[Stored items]
-- Opening Marker --

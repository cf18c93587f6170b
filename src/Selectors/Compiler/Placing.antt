-- ===== src/Selectors/Compiler/Placing.antt =====
-- The compiled program holds the tree: where each node's instruction stands.

use lol_html.Base.Range.{Range}
use lol_html.Prelude.{
  ℕ, ◌+◌, ◌-◌, ◌≤◌, ◌<◌, ◌≡◌, ◌∙◌, ◌⊎◌, inl, inr, List, Option, none, some, arith,
}
use lol_html.Selectors.Ast.Counting.{count_nodes}
use lol_html.Selectors.Ast.{Predicate, AstNodes, ast_node, no_nodes, node_and}
use lol_html.Selectors.Compiler.{length_nodes}
use lol_html.Selectors.Program.{ExecutionBranch, Instruction}

-- Addresses at which two programs agree.
abbrev pub Slots : Type 0 → Type 0
Slots P = List (Option (Instruction P))

module _ {P : Type 0} where
  -- How many nodes are below those of a list.
  abbrev pub below : AstNodes P → ℕ
  below nodes = count_nodes nodes - length_nodes nodes

  pub length_nodes-le : (nodes : AstNodes P) → length_nodes nodes ≤ count_nodes nodes
  unfolding count_nodes
  length_nodes-le no_nodes = omega arith
  length_nodes-le (node_and (ast_node p c d l) nodes) = omega (arith, length_nodes-le nodes)

  -- The addresses of some nodes, side by side from `start` on.
  abbrev pub range_of : AstNodes P → ℕ → Option Range
  range_of no_nodes start = none
  range_of (node_and n nodes) start =
      some (record { start = start; end = start + length_nodes (node_and n nodes) })

  -- An address of the nodes at `position`, or of the nodes below them, which begin at `free`.
  abbrev pub Within : ℕ → ℕ → AstNodes P → ℕ → Type 0
  Within position free nodes i =
      ((position ≤ i) × (i < position + length_nodes nodes))
      ⊎ ((free ≤ i) × (i < free + below nodes))

  module _ (compile_one : Predicate → ExecutionBranch P → Instruction P) where
    -- Every node's instruction stands at its address, with its payload and the ranges of its children
    -- and descendants; theirs do too.
    unfoldable pub Placed : (ℕ → Option (Option (Instruction P))) → ℕ → ℕ → AstNodes P → Type 0
    unfolding count_nodes
    Placed at position free no_nodes = Unit
    Placed at position free (node_and (ast_node predicate children descendants payload) nodes) =
        (at position
          ≡ some (
              some (
                compile_one predicate (record {
                  matched_payload = payload;
                  jumps = range_of children free;
                  hereditary_jumps = range_of descendants (free + count_nodes children);
                }))))
        × Placed at free (free + length_nodes children) children
        × Placed at (free + count_nodes children)
            (free + count_nodes children + length_nodes descendants) descendants
        × Placed at (position + 1) (free + count_nodes children + count_nodes descendants) nodes

    pub Placed-same :
        (at at' : ℕ → Option (Option (Instruction P))) (position free : ℕ) (nodes : AstNodes P)
        → ((i : ℕ) → Within position free nodes i → at' i ≡ at i)
        → Placed at position free nodes
        → Placed at' position free nodes
    unfolding Placed count_nodes
    Placed-same at at' position free no_nodes same h = tt
    Placed-same at at' position free (node_and (ast_node p c d l) nodes) same (here, hc, hd, hn) =
        let lc = length_nodes-le c in
        let ld = length_nodes-le d in
        let ln = length_nodes-le nodes in
        (
          same position (inl (omega arith, omega arith)) ∙ here,
          Placed-same at at' free (free + length_nodes c) c
              (λ i w. same i (inr (ground (arith, w, lc, ld, ln)))) hc,
          Placed-same at at' (free + count_nodes c) (free + count_nodes c + length_nodes d) d
              (λ i w. same i (inr (ground (arith, w, lc, ld, ln)))) hd,
          Placed-same at at' (position + 1) (free + count_nodes c + count_nodes d) nodes
              (λ i w. same i (ground (arith, w, lc, ld, ln))) hn,
        )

-- Closing Marker --

What the exercise asks: Each line above that contains "unfolding" counts once; report the resulting number and nothing else.

Solution for this exercise: 3